A visualization map of the spatial attention score can be found in Figure 7. Specially, Figure 7a–d represent the 15-min, 30-min, 45-min, and 60-min prediction horizon, respectively, and the line between the two stations represents the interaction between these two stations. The width of the blue line shows the value of the attention score among stations. The wider the line is, the stronger the interaction they have between two stations. The spatial attention mechanism could find the important space-dimensional bike-sharing usage information that can influence the usage demand of the bike-sharing stations. The bike-sharing usage demand is not only related to usage pattern of the rent/return bike-sharing stations, but also may be related to the stations around them. In Figure 7a–d, all the prediction horizons demonstrate that the density of the bike-sharing stations is an important factor that influences the correlation among stations. Stations always have a wider line connecting to those stations close to them, which means they have a stronger spatial connection to these stations. We can also see more connections among stations at a higher density area, and the usage of bike-sharing is higher in this area because of the convenience. When an area has a high density of bike-sharing stations, users can have multiple station choices when renting or returning the shared bikes. The walking distance among those stations is acceptable for users to switch from one station to another, which makes these stations more closely correlated [55]. When the high density of bike-sharing stations is low, the distance between the adjacent stations is large. It makes users more willing to travel by bus or metro instead of traveling by bike sharing [56]. The spatial weight among stations is not significantly influenced by time granularity, and a similar pattern can be found for different time granularities. Using a different time horizon from 15 to 60 min will not differentiate the spatial correlations.

5. Conclusions

This paper proposes an STGA-LSTM framework to predict the station-level short-term demand of a bike-sharing system by adopting multi-source data, including historical bike-sharing trip data, land-use data, weather data, and users’ personal information.
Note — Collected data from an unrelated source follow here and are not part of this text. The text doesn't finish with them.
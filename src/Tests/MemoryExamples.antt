-- ===== src/Tests/MemoryExamples.antt =====
-- Examples for src/common/MemoryUtils.h: a segment of 16 addresses, aligned by 4.
use data_distribution.Prelude.{false, List, [], ◌∷◌, ◌++◌, ◌≡◌, refl}
use data_distribution.Common.RegionAllocator.{
  Block, Region, find_longest, waits, new_region, do_allocate, find_memory, try_alloc, try_reclaim,
  give_back, choose, longest,
}
use data_distribution.Common.RegionAllocator.Ownership.{granted, IsOwned}
use data_distribution.Common.RegionAllocator.Ownership.Reachable.{
  Reaches, creates, allocates, Reaches-IsOwned,
}
use data_distribution.Tests.AddressCounts.{AddressCounts, address_counts}

abbrev segment : Region AddressCounts
segment = new_region 64 16 false

abbrev first_served : Region AddressCounts
first_served = (do_allocate find_longest 4 5 segment).1

abbrev first_blocks : List Block
first_blocks = granted 5 (do_allocate find_longest 4 5 segment).0 ++ []

abbrev second_served : Region AddressCounts
second_served = (do_allocate find_longest 4 8 first_served).1

abbrev second_blocks : List Block
second_blocks = granted 8 (do_allocate find_longest 4 8 first_served).0 ++ first_blocks

two_served : Reaches 4 second_blocks second_served
two_served =
    allocates find_longest 8 first_blocks first_served
      (allocates find_longest 5 [] segment (creates 64 16 false))

Reaches-IsOwned_example : IsOwned 4 second_blocks second_served
Reaches-IsOwned_example = Reaches-IsOwned 4 second_blocks second_served two_served

-- The two requests take the segment up, and a third one waits.
two_blocks : second_blocks ≡ record { ptr = 72; size = 8 } ∷ record { ptr = 64; size = 5 } ∷ []
unfolding do_allocate find_memory try_alloc new_region
two_blocks = refl

third_waits : (do_allocate find_longest 4 1 second_served).0 ≡ waits
unfolding do_allocate find_memory try_alloc new_region try_reclaim give_back choose longest
third_waits = refl
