-- ===== src/Tests/SenderExamples.antt =====
-- Examples for src/StfSender/StfSenderOutput.cxx.
use data_distribution.Prelude.{ℕ, refl, true, List, [], ◌∷◌, ◌++◌, Perm}
use data_distribution.Common.ConcurrentQueue.{empty}
use data_distribution.StfSender.Output.{Output, SubTimeFrame, Origin, readout, unknown}
use data_distribution.StfSender.Output.Conservation.{
  Event, arrives, is_rejected, is_requested, drops, run, run_conserves, taken_in, arrivals,
}

abbrev nothing_yet : Output
nothing_yet = record {
  last_stf_id = 0;
  scheduled_stf_map = [];
  drop_queue = empty;
  buffered_size = 0;
  buffered_cnt = 0;
  in_sending_size = 0;
  in_sending_cnt = 0;
  missing = 0;
  handed_over = [];
  deleted = [];
}

abbrev stf : ℕ → Origin → SubTimeFrame
stf k o = record { stf_id = k; data_size = 100; origin = o; num_equipments = 1 }

abbrev traffic : List Event
traffic =
    arrives true (stf 1 readout)
    ∷ arrives true (stf 2 readout)
    ∷ is_rejected 2
    ∷ arrives true (stf 3 unknown)
    ∷ is_requested 1 "tfb" true
    ∷ is_requested 1 "-1" true
    ∷ drops
    ∷ []

run_conserves_example :
    Perm (taken_in (run nothing_yet traffic)) (arrivals traffic ++ taken_in nothing_yet)
run_conserves_example = run_conserves nothing_yet traffic (record { ascends = tt; running = refl })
We used GCN to dig for spatial information and used LSTM to mine the temporal information from the data. The attention mechanism was applied to the spatio-temporal dimension simultaneously to deliver a more accurate prediction. We formulate the rental demand and return demand of shared bikes with a graph structure with our proposed STGA-LSTM model. The graph of the bike-sharing stations was constructed based on the demand connection among stations. In order to describe the relationship between stations and simplify the construction process, a learnable adjacency matrix was used in the model.
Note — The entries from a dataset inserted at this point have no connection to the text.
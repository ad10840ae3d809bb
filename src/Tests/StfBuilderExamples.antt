-- ===== src/Tests/StfBuilderExamples.antt =====
-- Examples for src/StfBuilder/StfBuilderInput.cxx, src/common/SubTimeFrameBuilder.cxx and
-- src/common/ReadoutDataModel.cxx: blocks of one and of two packets.
use data_distribution.Prelude.{
  find, ℕ, ◌≤◌, Bool, true, false, ◌≡◌, ◌≢◌, ◌↔◌, ◌⊎◌, refl, arith, List, [], ◌∷◌, ◌++◌, Option,
  none, some, ◌==◌, nat_eq, if◌then◌else◌, length,
}
use data_distribution.Common.SubTimeFrame.{
  EquipmentIdentifier, DataHeader, SubTimeFrame, new_stf, null, set_origin, readout_topology,
}
use data_distribution.Common.Readout.{
  Rdh, Block, ReadoutSettings, cru_link_id, no_sanity_check, sanity_check_print, rdh_ver6,
  rdh_reader, get_sub_specification, rdh_sanity_check, check_packets, accepted, throws,
  filter_empty_trigger_blocks, second_packet_empty,
}
use data_distribution.Common.Readout.Packets.{Packets, rdh_sanity_check-Packets}
use data_distribution.StfBuilder.Builder.{
  ReadoutHeader, ReadoutBuilder, Run, done, then_do, unfinished, add_hb_frames, first_orbit_of,
  orbit_of_first, check_block, get_stf, stf_for,
}
use data_distribution.StfBuilder.Builder.Adding.{parts_of, sizes, added}
use data_distribution.StfBuilder.Builder.Frames.{Kept, Marks}
use data_distribution.StfBuilder.Builder.Calls.{add_hb_frames-parts}
use data_distribution.StfBuilder.Builder.Memory.{add_hb_frames-all_parts, add_hb_frames_no_memory}
use data_distribution.StfBuilder.Builder.Printing.{check_block_unfinished}
use data_distribution.StfBuilder.Input.{
  Input, ReadoutMsg, Received, bytes, timeout, receive_all, start_stf, insert_loop, insert_span,
  Building,
}
use data_distribution.StfBuilder.Input.Spans.{
  Span, insert_all, blocks_of, Cut, Begins, insert_loop-AreSpans,
}
use data_distribution.StfBuilder.Input.Receiving.{
  ArrivedFrom, receive_all-Arrive, IsBuilding, finished_stf, start_stf-IsBuilding,
}
use data_distribution.StfBuilder.Topology.{
  TopoInput, add_topo_stf_data, topo_stf_for, finish_building_current_stfs, get_topo_stf,
}
use data_distribution.StfBuilder.Topology.Collecting.{add_topo_stf_data-parts}
use data_distribution.StfBuilder.Sequencer.{Sequencer, sequence_all, sequence, create_missing}
use data_distribution.StfBuilder.Sequencer.Sequence.{
  QueuesFrom, sequence_all-IsSequence, Fills, fresh_stfs, sequence_all-Fills,
}

abbrev idle : Sequencer
idle = record { accepting = true; last_seq_stf_id = 0; missing_stfs = 0; queued = [] }

-- The STFs 2, 2 and 4, of which the sequencer makes 1, 2, 3 and 4.
abbrev arriving : List (Option SubTimeFrame)
arriving = some (new_stf 2) ∷ none ∷ some (new_stf 2) ∷ some (new_stf 4) ∷ []

sequence_all-IsSequence_example : QueuesFrom 0 [] (sequence_all arriving idle)
sequence_all-IsSequence_example = sequence_all-IsSequence arriving idle

sequence_all-Fills_example :
    (added : List SubTimeFrame) × ((sequence_all arriving idle).queued ≡ [] ++ added)
    × Fills (fresh_stfs 0 arriving) added
sequence_all-Fills_example = sequence_all-Fills arriving idle refl

abbrev ids : List SubTimeFrame → List ℕ
ids [] = []
ids (s ∷ ss) = s.header.id ∷ ids ss

four_queued : ids (sequence_all arriving idle).queued ≡ 1 ∷ 2 ∷ 3 ∷ 4 ∷ []
unfolding sequence_all sequence create_missing new_stf set_origin
four_queued = refl

abbrev settings : ReadoutSettings
settings = record {
  sub_spec_mode = cru_link_id;
  sanity_check_mode = no_sanity_check;
  rdh_version = rdh_ver6;
  specified_data_origin = "FLP";
  empty_trigger_filtering = false;
  sizeof_rdh = 64;
  daq_to_o2 = λ n. if n == 32 then "ITS" else "UNK";
  daq_invalid = 255;
}

abbrev packet : ℕ → ℕ → Bool → Rdh
packet link memory stop = record {
  system_id = 32;
  fee_id = 0;
  link_id = link;
  end_point_id = 0;
  cru_id = 1;
  memory_size = memory;
  offset_to_next = 64;
  stop_bit = stop;
  orbit = 7;
}

-- One packet of 64 bytes, and two of 64 and 40.
abbrev one_packet : ℕ → Block
one_packet link = record { size = 64; rdh_at = λ i. packet link 64 true }

abbrev two_packets : Block
two_packets = record {
  size = 136;
  rdh_at = λ i. if i == 0 then packet 2 64 false else packet 2 72 true;
}

rdh_sanity_check-Packets_example :
    ((rdh_sanity_check 137 settings two_packets 5).0 ≡ some accepted) ↔ (
      (5 ≤ 7)
      × Packets settings two_packets (get_sub_specification settings (packet 2 64 false)) 0 136)
rdh_sanity_check-Packets_example =
    rdh_sanity_check-Packets 137 settings two_packets 5 (omega arith) (omega arith)

two_packets_accepted : (rdh_sanity_check 137 settings two_packets 5).0 ≡ some accepted
unfolding rdh_sanity_check check_packets get_sub_specification
two_packets_accepted = refl

-- 40 bytes of a second packet are too few for its RDH.
short_rest : (rdh_sanity_check 137 settings (record two_packets { size = 104 }) 5).0 ≡ some throws
unfolding rdh_sanity_check check_packets get_sub_specification
short_rest = refl

-- The bytes behind the packet with the stop bit are not missed.
bytes_behind :
    (rdh_sanity_check 201 settings (record (one_packet 1) { size = 200 }) 5).0 ≡ some accepted
unfolding rdh_sanity_check check_packets get_sub_specification
bytes_behind = refl

-- A block of 128 bytes whose first packet sends the reader beyond the block.
far_packet :
    filter_empty_trigger_blocks settings (record {
      size = 128;
      rdh_at = λ i.
          if i == 0 then record (packet 2 64 false) { offset_to_next = 4096 } else packet 2 64 true;
    })
    ≡ true
unfolding filter_empty_trigger_blocks second_packet_empty get_sub_specification
far_packet = refl

abbrev equipment : ℕ → EquipmentIdentifier
equipment sub = record {
  data_description = "RAWDATA";
  data_origin = "ITS";
  sub_specification = sub;
}

abbrev fresh_header : DataHeader
fresh_header = record {
  equipment = equipment 0;
  tf_counter = 0;
  run_number = 0;
  first_tf_orbit = 0;
  split_payload_index = 0;
  split_payload_parts = 1;
}

abbrev of_stf : ℕ → ReadoutHeader
of_stf id = record {
  version = 2;
  time_frame_id = id;
  run_number = 11;
  link_id = 2;
  timeframe_orbit_first = 0;
  last_tf_message = false;
  is_rdh_format = true;
}

abbrev new_builder : ReadoutBuilder
new_builder = record {
  running = true;
  stf = none;
  accept_stf_data = true;
  first_filtered = [];
  first_seen_orbit = 0;
}

orbit_seven : first_orbit_of settings (of_stf 3) (one_packet 2 ∷ two_packets ∷ []) ≡ some 7
unfolding first_orbit_of orbit_of_first rdh_reader
orbit_seven = refl

add_hb_frames-all_parts_example :
    (r' : ReadoutBuilder) × (s' : SubTimeFrame) × (add_hb_frames 200 settings true fresh_header
        (equipment 3)
        (of_stf 3)
        (one_packet 2 ∷ two_packets ∷ [])
        new_builder
      ≡ done (true, r'))
    × (r'.stf ≡ some s')
    × (parts_of (equipment 3) s' ≡ [] ++ (64 ∷ 136 ∷ []))
add_hb_frames-all_parts_example =
    add_hb_frames-all_parts 200 settings fresh_header (equipment 3) (equipment 3) (of_stf 3)
      (one_packet 2) (two_packets ∷ []) new_builder 7 (refl, refl) (refl, refl) orbit_seven

both_added :
    add_hb_frames 200 settings true fresh_header
      (equipment 3)
      (of_stf 3)
      (one_packet 2 ∷ two_packets ∷ [])
      new_builder
    ≡ done (true, add_hb_frames-all_parts_example.0)
both_added = add_hb_frames-all_parts_example.2

add_hb_frames-parts_example :
    (s' : SubTimeFrame) × (ks : List Block) × (marks : List Bool)
    × (add_hb_frames-all_parts_example.0.stf ≡ some s')
    × Marks settings
        (stf_for (of_stf 3) new_builder).first_filtered
        marks
        (one_packet 2 ∷ two_packets ∷ [])
    × Kept 200 settings
        (stf_for (of_stf 3) new_builder).first_seen_orbit
        marks
        (one_packet 2 ∷ two_packets ∷ [])
        ks
    × (parts_of (equipment 3) s' ≡ [] ++ added (equipment 3) (equipment 3) (sizes ks))
add_hb_frames-parts_example =
    add_hb_frames-parts 200 settings true fresh_header (equipment 3) (equipment 3) (of_stf 3)
      (one_packet 2 ∷ two_packets ∷ []) new_builder add_hb_frames-all_parts_example.0 both_added

add_hb_frames_no_memory_example :
    (r' : ReadoutBuilder) × (s' : SubTimeFrame) × (add_hb_frames 200 settings false fresh_header
        (equipment 3)
        (of_stf 3)
        (one_packet 2 ∷ two_packets ∷ [])
        new_builder
      ≡ done (false, r'))
    × (add_hb_frames 200 settings true fresh_header (equipment 4) (of_stf 3) (one_packet 3 ∷ []) r'
        ≡ done (false, r'))
    × ((get_stf r').0 ≡ some s')
    × (s'.content ≡ [])
    × (s'.header.origin ≡ null)
add_hb_frames_no_memory_example =
    add_hb_frames_no_memory 200 settings fresh_header (equipment 3) (of_stf 3) (one_packet 2)
      (two_packets ∷ []) new_builder 7 true fresh_header (equipment 4) (of_stf 3)
      (one_packet 3 ∷ []) (refl, refl) (refl, refl) (λ s e. absurd (ground (arith, e))) orbit_seven

-- A packet without stop bit and without offset, in print mode.
abbrev no_offset : Block
no_offset = record { size = 64; rdh_at = λ i. record (packet 2 64 false) { offset_to_next = 0 } }

abbrev printing : ReadoutSettings
printing = record settings { sanity_check_mode = sanity_check_print }

check_block_unfinished_example : check_block 1000 printing no_offset 0 ≡ unfinished
check_block_unfinished_example =
    check_block_unfinished 1000 printing no_offset 0 refl (omega arith) (omega arith) refl refl

abbrev environment : Building
environment = record {
  fuel = 200;
  settings = settings;
  fee_id_mask = 0xffffffff;
  raw_data = "RAWDATA";
  data_header = fresh_header;
  has_header_memory = λ e bs. true;
}

abbrev insert_of_three : ℕ → List Block → ReadoutBuilder → Run ReadoutBuilder
insert_of_three = insert_span environment "ITS" (of_stf 3)

first_parses : rdh_reader settings (one_packet 2) 0 64 ≡ some (packet 2 64 true)
unfolding rdh_reader
first_parses = refl

insert_loop-AreSpans_example :
    (ss : List Span) × (left : List Block) × (failed : Bool) × (insert_loop settings insert_of_three
        0
        (get_sub_specification settings (packet 2 64 true))
        (one_packet 2 ∷ [])
        (two_packets ∷ one_packet 3 ∷ [])
        new_builder
      ≡ then_do
          (insert_all insert_of_three ss new_builder)
          (λ r'. done (r', length (blocks_of ss), failed)))
    × (blocks_of ss ++ left ≡ one_packet 2 ∷ two_packets ∷ one_packet 3 ∷ [])
    × Cut settings (Begins (get_sub_specification settings (packet 2 64 true))) (ss, left, failed)
insert_loop-AreSpans_example =
    insert_loop-AreSpans settings insert_of_three (one_packet 2) (two_packets ∷ one_packet 3 ∷ [])
      (packet 2 64 true) new_builder first_parses

abbrev start_of_run : Input
start_of_run = record {
  running = true;
  build_stf = true;
  started = false;
  stf_id_receiving = 0;
  stf_id_building = 0;
  builder_input_queue = [];
  builder = new_builder;
  seq_stf_queue = [];
  sequencer = idle;
}

abbrev message : ℕ → ReadoutMsg
message id = record { header_size = 32; header = of_stf id; blocks = one_packet 2 ∷ [] }

abbrev received : List Received
received =
    bytes 96 (some (message 3))
    ∷ timeout
    ∷ bytes 96 (some (message 2))
    ∷ bytes 96 (some (message 4))
    ∷ []

receive_all-Arrive_example : ArrivedFrom 32 0 [] (receive_all 32 received start_of_run)
receive_all-Arrive_example = receive_all-Arrive 32 received start_of_run refl

abbrev in_building : Input
in_building = record start_of_run { builder = record new_builder { stf = some (new_stf 3) } }

start_stf-IsBuilding_example :
    IsBuilding 4 (start_stf (of_stf 4) in_building).builder
    × (IsBuilding 4 in_building.builder
          × ((start_stf (of_stf 4) in_building).seq_stf_queue ≡ [])
          × ((start_stf (of_stf 4) in_building).builder.stf ≡ some (new_stf 3))
        ⊎ (f : SubTimeFrame) × (some (new_stf 3) ≡ some f)
          × (f.header.id ≢ 4)
          × ((start_stf (of_stf 4) in_building).seq_stf_queue
              ≡ [] ++ (finished_stf in_building.builder f ∷ []))
          × ((start_stf (of_stf 4) in_building).builder.stf ≡ none))
start_stf-IsBuilding_example = start_stf-IsBuilding (of_stf 4) in_building

abbrev start_of_scan : TopoInput
start_of_scan = record {
  running = true;
  started = false;
  accept_stf_data = true;
  topo_stf_map = (3, (1, some (new_stf 5))) ∷ [];
  next_tf_id = 6;
  stf_id = 0;
  queued = [];
}

-- With two blocks the link has three messages, which are enough for an STF.
add_topo_stf_data-parts_example :
    let (answer, r') =
      add_topo_stf_data true fresh_header
        (equipment 3)
        (of_stf 9)
        (one_packet 2 ∷ two_packets ∷ [])
        3
        start_of_scan in
    (s : SubTimeFrame) × (parts_of (equipment 3) s
      ≡ parts_of (equipment 3) (new_stf 5) ++ added (equipment 3) (equipment 3) (64 ∷ 136 ∷ []))
    × (((true ≡ true)
          × (answer ≡ some (set_origin readout_topology s))
          × (find 3 r'.topo_stf_map ≡ some (0, none)))
        ⊎ ((true ≡ false) × (answer ≡ none) × (find 3 r'.topo_stf_map ≡ some (3, some s))))
unfolding find topo_stf_for
add_topo_stf_data-parts_example =
    add_topo_stf_data-parts fresh_header (equipment 3) (equipment 3) (of_stf 9)
      (one_packet 2 ∷ two_packets ∷ []) 3 start_of_scan refl refl

-- Of the links 4 and 3, link 4 has no STF any more, so that the one of link 3 is not queued.
abbrev after_link_four : TopoInput
after_link_four = record start_of_scan {
  topo_stf_map = (4, (0, none)) ∷ (3, (1, some (new_stf 5))) ∷ [];
}

nothing_queued : (finish_building_current_stfs (4 ∷ 3 ∷ []) after_link_four).queued ≡ []
unfolding finish_building_current_stfs get_topo_stf find
nothing_queued = refl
Experimental results of the real datasets obtained from the Nanjing bike-sharing systems validated that the proposed model is effective. The proposed model is more accurate and efficient than the baseline models, and exogenous variables can only slightly promote the prediction accuracy. Furthermore, we discuss the impact of the temporal and spatial attention mechanism. Temporal attention scores illustrate that, compared to other time steps, the closest historical time step influences the prediction result the most. Spatial attention scores indicate that a higher density of bike-sharing stations causes a stronger interaction among stations.
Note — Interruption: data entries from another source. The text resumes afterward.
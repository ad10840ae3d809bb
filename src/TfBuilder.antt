-- ===== src/TfBuilder.antt =====
-- The TfBuilder (src/TfBuilder): its RPC service, the requests for SubTimeFrames, and their merging.
pub mod Input
pub mod Rpc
Further studies can be implemented from the following directions. First, the findings in this research are limited because the data used in this study only cover one-month docked bike-sharing data. Larger spatio-temporal datasets, such as metro passenger and dockless bike-sharing, can be used to conduct further investigations. Second, other types of external effects, such as metro passenger data and socioeconomic factors, should be considered to improve the prediction accuracy. In addition, the data for users’ personal characteristics can be limited, as indicated by previous research [57,58]. How to obtain the various and accurate personal data for research is worth investigating in future work. Finally, building a deeper network with our proposed model may promote accuracy, and maintaining a better balance between the cost of building a deeper network and the performance of the model should be considered during its implementation in the real world.

Author Contributions

The authors confirm their contributions to this paper as follows: X.M. and Y.J.: conceptualization, methodology, software; Y.Y., M.Z. and M.H.: investigation, writing—original draft preparation, writing—reviewing and editing. All authors checked the results and finalized the manuscript. All authors have read and agreed to the published version of the manuscript.

Funding

This research was funded by National Natural Science Foundation of China, grant number 52172304 and 51908187, and The APC was funded by National Natural Science Foundation of China, grant number 52172304.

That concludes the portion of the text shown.